- **TASK GOAL**
Give all the records again, with no alterations.

- **PROVIDED MATERIAL**
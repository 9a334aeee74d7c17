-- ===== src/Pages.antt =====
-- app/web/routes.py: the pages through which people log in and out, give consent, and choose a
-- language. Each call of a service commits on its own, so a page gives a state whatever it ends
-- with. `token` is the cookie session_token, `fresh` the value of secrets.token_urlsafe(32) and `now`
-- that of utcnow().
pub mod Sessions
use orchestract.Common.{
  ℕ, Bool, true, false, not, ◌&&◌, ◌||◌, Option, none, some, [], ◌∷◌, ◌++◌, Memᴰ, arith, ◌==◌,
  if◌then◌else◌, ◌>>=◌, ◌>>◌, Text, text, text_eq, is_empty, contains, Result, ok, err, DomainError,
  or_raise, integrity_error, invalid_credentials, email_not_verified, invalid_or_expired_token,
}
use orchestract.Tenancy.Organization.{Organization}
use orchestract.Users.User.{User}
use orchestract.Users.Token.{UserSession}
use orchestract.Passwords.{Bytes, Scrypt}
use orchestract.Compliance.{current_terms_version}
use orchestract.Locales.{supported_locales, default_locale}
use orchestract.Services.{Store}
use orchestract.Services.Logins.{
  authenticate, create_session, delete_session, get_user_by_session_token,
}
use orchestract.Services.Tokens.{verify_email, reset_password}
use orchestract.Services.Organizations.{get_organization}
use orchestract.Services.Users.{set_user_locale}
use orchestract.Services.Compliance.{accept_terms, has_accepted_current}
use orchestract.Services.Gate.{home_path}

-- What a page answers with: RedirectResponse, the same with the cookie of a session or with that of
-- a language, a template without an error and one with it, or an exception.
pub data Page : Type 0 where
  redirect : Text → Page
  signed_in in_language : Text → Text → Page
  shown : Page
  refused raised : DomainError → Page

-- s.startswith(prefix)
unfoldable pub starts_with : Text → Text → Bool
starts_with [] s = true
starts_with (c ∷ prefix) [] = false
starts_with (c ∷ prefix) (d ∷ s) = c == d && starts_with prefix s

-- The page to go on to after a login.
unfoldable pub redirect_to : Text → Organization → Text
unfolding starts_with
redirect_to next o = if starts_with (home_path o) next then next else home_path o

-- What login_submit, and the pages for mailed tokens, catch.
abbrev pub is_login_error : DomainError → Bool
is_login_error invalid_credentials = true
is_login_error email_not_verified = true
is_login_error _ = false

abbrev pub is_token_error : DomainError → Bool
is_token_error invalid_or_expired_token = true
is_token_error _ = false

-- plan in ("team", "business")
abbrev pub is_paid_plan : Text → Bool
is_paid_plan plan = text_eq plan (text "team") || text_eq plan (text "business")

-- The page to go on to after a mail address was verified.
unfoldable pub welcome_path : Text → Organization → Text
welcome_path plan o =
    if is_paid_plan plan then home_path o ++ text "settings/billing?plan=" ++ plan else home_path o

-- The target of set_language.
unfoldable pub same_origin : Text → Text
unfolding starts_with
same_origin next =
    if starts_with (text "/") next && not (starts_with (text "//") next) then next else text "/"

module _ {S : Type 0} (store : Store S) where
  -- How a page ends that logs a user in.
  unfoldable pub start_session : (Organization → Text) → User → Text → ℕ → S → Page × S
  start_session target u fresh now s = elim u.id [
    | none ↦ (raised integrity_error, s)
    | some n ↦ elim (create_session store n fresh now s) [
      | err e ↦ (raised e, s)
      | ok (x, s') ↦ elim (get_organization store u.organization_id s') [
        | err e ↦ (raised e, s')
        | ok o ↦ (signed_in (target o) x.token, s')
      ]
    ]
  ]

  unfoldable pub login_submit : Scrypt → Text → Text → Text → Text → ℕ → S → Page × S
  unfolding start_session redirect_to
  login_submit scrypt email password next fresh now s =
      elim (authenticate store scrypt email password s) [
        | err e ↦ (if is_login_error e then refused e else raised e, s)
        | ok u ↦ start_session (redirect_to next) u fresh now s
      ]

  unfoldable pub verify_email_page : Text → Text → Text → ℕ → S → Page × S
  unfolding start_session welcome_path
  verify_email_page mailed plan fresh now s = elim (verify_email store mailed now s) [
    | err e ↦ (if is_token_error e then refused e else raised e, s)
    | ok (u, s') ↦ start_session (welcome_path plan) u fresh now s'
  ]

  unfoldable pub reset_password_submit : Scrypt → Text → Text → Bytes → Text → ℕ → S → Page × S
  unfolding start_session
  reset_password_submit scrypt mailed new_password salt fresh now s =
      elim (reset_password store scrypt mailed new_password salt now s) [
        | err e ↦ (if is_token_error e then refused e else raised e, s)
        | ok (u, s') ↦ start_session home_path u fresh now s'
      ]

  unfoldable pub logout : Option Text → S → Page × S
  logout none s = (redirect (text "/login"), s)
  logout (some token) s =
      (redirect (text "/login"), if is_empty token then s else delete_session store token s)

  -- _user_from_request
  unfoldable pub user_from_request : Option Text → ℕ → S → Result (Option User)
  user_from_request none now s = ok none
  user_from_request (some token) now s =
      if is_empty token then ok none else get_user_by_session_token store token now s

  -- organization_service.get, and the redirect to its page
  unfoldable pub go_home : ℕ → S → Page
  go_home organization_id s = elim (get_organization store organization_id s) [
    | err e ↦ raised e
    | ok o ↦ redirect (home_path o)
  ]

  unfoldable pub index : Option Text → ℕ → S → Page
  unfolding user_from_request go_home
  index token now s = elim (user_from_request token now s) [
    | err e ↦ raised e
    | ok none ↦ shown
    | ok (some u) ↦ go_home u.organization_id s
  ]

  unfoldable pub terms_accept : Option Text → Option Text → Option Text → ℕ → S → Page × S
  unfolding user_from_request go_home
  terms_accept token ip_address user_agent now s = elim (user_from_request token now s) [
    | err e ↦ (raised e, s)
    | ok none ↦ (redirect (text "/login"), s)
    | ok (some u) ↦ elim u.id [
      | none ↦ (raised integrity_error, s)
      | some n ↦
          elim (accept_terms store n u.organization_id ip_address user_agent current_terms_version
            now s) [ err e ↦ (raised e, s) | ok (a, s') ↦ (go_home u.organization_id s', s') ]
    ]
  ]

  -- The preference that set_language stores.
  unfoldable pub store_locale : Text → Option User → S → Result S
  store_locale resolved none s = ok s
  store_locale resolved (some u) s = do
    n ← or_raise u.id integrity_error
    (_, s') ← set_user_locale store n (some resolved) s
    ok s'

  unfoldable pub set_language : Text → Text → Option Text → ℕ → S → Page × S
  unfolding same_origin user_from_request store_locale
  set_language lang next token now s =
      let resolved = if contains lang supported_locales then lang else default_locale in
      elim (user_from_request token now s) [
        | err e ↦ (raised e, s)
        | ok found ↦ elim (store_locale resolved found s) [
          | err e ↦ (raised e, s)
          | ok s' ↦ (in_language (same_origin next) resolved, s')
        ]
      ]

- **EXERCISE SOLUTION**
repository 9a334aeee74d7c17
-- ===== src/Pages.antt =====
-- app/web/routes.py: the pages through which people log in and out, give consent, and choose a
-- language. Each call of a service commits on its own, so a page gives a state whatever it ends
-- with. `token` is the cookie session_token, `fresh` the value of secrets.token_urlsafe(32) and `now`
-- that of utcnow().
pub mod Sessions
use orchestract.Common.{
  ℕ, Bool, true, false, not, ◌&&◌, ◌||◌, Option, none, some, [], ◌∷◌, ◌++◌, Memᴰ, arith, ◌==◌,
  if◌then◌else◌, ◌>>=◌, ◌>>◌, Text, text, text_eq, is_empty, contains, Result, ok, err, DomainError,
  or_raise, integrity_error, invalid_credentials, email_not_verified, invalid_or_expired_token,
}
use orchestract.Tenancy.Organization.{Organization}
use orchestract.Users.User.{User}
use orchestract.Users.Token.{UserSession}
use orchestract.Passwords.{Bytes, Scrypt}
use orchestract.Compliance.{current_terms_version}
use orchestract.Locales.{supported_locales, default_locale}
use orchestract.Services.{Store}
use orchestract.Services.Logins.{
  authenticate, create_session, delete_session, get_user_by_session_token,
}
use orchestract.Services.Tokens.{verify_email, reset_password}
use orchestract.Services.Organizations.{get_organization}
use orchestract.Services.Users.{set_user_locale}
use orchestract.Services.Compliance.{accept_terms, has_accepted_current}
use orchestract.Services.Gate.{home_path}

-- What a page answers with: RedirectResponse, the same with the cookie of a session or with that of
-- a language, a template without an error and one with it, or an exception.
pub data Page : Type 0 where
  redirect : Text → Page
  signed_in in_language : Text → Text → Page
  shown : Page
  refused raised : DomainError → Page

-- s.startswith(prefix)
unfoldable pub starts_with : Text → Text → Bool
starts_with [] s = true
starts_with (c ∷ prefix) [] = false
starts_with (c ∷ prefix) (d ∷ s) = c == d && starts_with prefix s

-- The page to go on to after a login.
unfoldable pub redirect_to : Text → Organization → Text
unfolding starts_with
redirect_to next o = if starts_with (home_path o) next then next else home_path o

-- What login_submit, and the pages for mailed tokens, catch.
abbrev pub is_login_error : DomainError → Bool
is_login_error invalid_credentials = true
is_login_error email_not_verified = true
is_login_error _ = false

abbrev pub is_token_error : DomainError → Bool
is_token_error invalid_or_expired_token = true
is_token_error _ = false

-- plan in ("team", "business")
abbrev pub is_paid_plan : Text → Bool
is_paid_plan plan = text_eq plan (text "team") || text_eq plan (text "business")

-- The page to go on to after a mail address was verified.
unfoldable pub welcome_path : Text → Organization → Text
welcome_path plan o =
    if is_paid_plan plan then home_path o ++ text "settings/billing?plan=" ++ plan else home_path o

-- The target of set_language.
unfoldable pub same_origin : Text → Text
unfolding starts_with
same_origin next =
    if starts_with (text "/") next && not (starts_with (text "//") next) then next else text "/"

module _ {S : Type 0} (store : Store S) where
  -- How a page ends that logs a user in.
  unfoldable pub start_session : (Organization → Text) → User → Text → ℕ → S → Page × S
  start_session target u fresh now s = elim u.id [
    | none ↦ (raised integrity_error, s)
    | some n ↦ elim (create_session store n fresh now s) [
      | err e ↦ (raised e, s)
      | ok (x, s') ↦ elim (get_organization store u.organization_id s') [
        | err e ↦ (raised e, s')
        | ok o ↦ (signed_in (target o) x.token, s')
      ]
    ]
  ]

  unfoldable pub login_submit : Scrypt → Text → Text → Text → Text → ℕ → S → Page × S
  unfolding start_session redirect_to
  login_submit scrypt email password next fresh now s =
      elim (authenticate store scrypt email password s) [
        | err e ↦ (if is_login_error e then refused e else raised e, s)
        | ok u ↦ start_session (redirect_to next) u fresh now s
      ]

  unfoldable pub verify_email_page : Text → Text → Text → ℕ → S → Page × S
  unfolding start_session welcome_path
  verify_email_page mailed plan fresh now s = elim (verify_email store mailed now s) [
    | err e ↦ (if is_token_error e then refused e else raised e, s)
    | ok (u, s') ↦ start_session (welcome_path plan) u fresh now s'
  ]

  unfoldable pub reset_password_submit : Scrypt → Text → Text → Bytes → Text → ℕ → S → Page × S
  unfolding start_session
  reset_password_submit scrypt mailed new_password salt fresh now s =
      elim (reset_password store scrypt mailed new_password salt now s) [
        | err e ↦ (if is_token_error e then refused e else raised e, s)
        | ok (u, s') ↦ start_session home_path u fresh now s'
      ]

  unfoldable pub logout : Option Text → S → Page × S
  logout none s = (redirect (text "/login"), s)
  logout (some token) s =
      (redirect (text "/login"), if is_empty token then s else delete_session store token s)

  -- _user_from_request
  unfoldable pub user_from_request : Option Text → ℕ → S → Result (Option User)
  user_from_request none now s = ok none
  user_from_request (some token) now s =
      if is_empty token then ok none else get_user_by_session_token store token now s

  -- organization_service.get, and the redirect to its page
  unfoldable pub go_home : ℕ → S → Page
  go_home organization_id s = elim (get_organization store organization_id s) [
    | err e ↦ raised e
    | ok o ↦ redirect (home_path o)
  ]

  unfoldable pub index : Option Text → ℕ → S → Page
  unfolding user_from_request go_home
  index token now s = elim (user_from_request token now s) [
    | err e ↦ raised e
    | ok none ↦ shown
    | ok (some u) ↦ go_home u.organization_id s
  ]

  unfoldable pub terms_accept : Option Text → Option Text → Option Text → ℕ → S → Page × S
  unfolding user_from_request go_home
  terms_accept token ip_address user_agent now s = elim (user_from_request token now s) [
    | err e ↦ (raised e, s)
    | ok none ↦ (redirect (text "/login"), s)
    | ok (some u) ↦ elim u.id [
      | none ↦ (raised integrity_error, s)
      | some n ↦
          elim (accept_terms store n u.organization_id ip_address user_agent current_terms_version
            now s) [ err e ↦ (raised e, s) | ok (a, s') ↦ (go_home u.organization_id s', s') ]
    ]
  ]

  -- The preference that set_language stores.
  unfoldable pub store_locale : Text → Option User → S → Result S
  store_locale resolved none s = ok s
  store_locale resolved (some u) s = do
    n ← or_raise u.id integrity_error
    (_, s') ← set_user_locale store n (some resolved) s
    ok s'

  unfoldable pub set_language : Text → Text → Option Text → ℕ → S → Page × S
  unfolding same_origin user_from_request store_locale
  set_language lang next token now s =
      let resolved = if contains lang supported_locales then lang else default_locale in
      elim (user_from_request token now s) [
        | err e ↦ (raised e, s)
        | ok found ↦ elim (store_locale resolved found s) [
          | err e ↦ (raised e, s)
          | ok s' ↦ (in_language (same_origin next) resolved, s')
        ]
      ]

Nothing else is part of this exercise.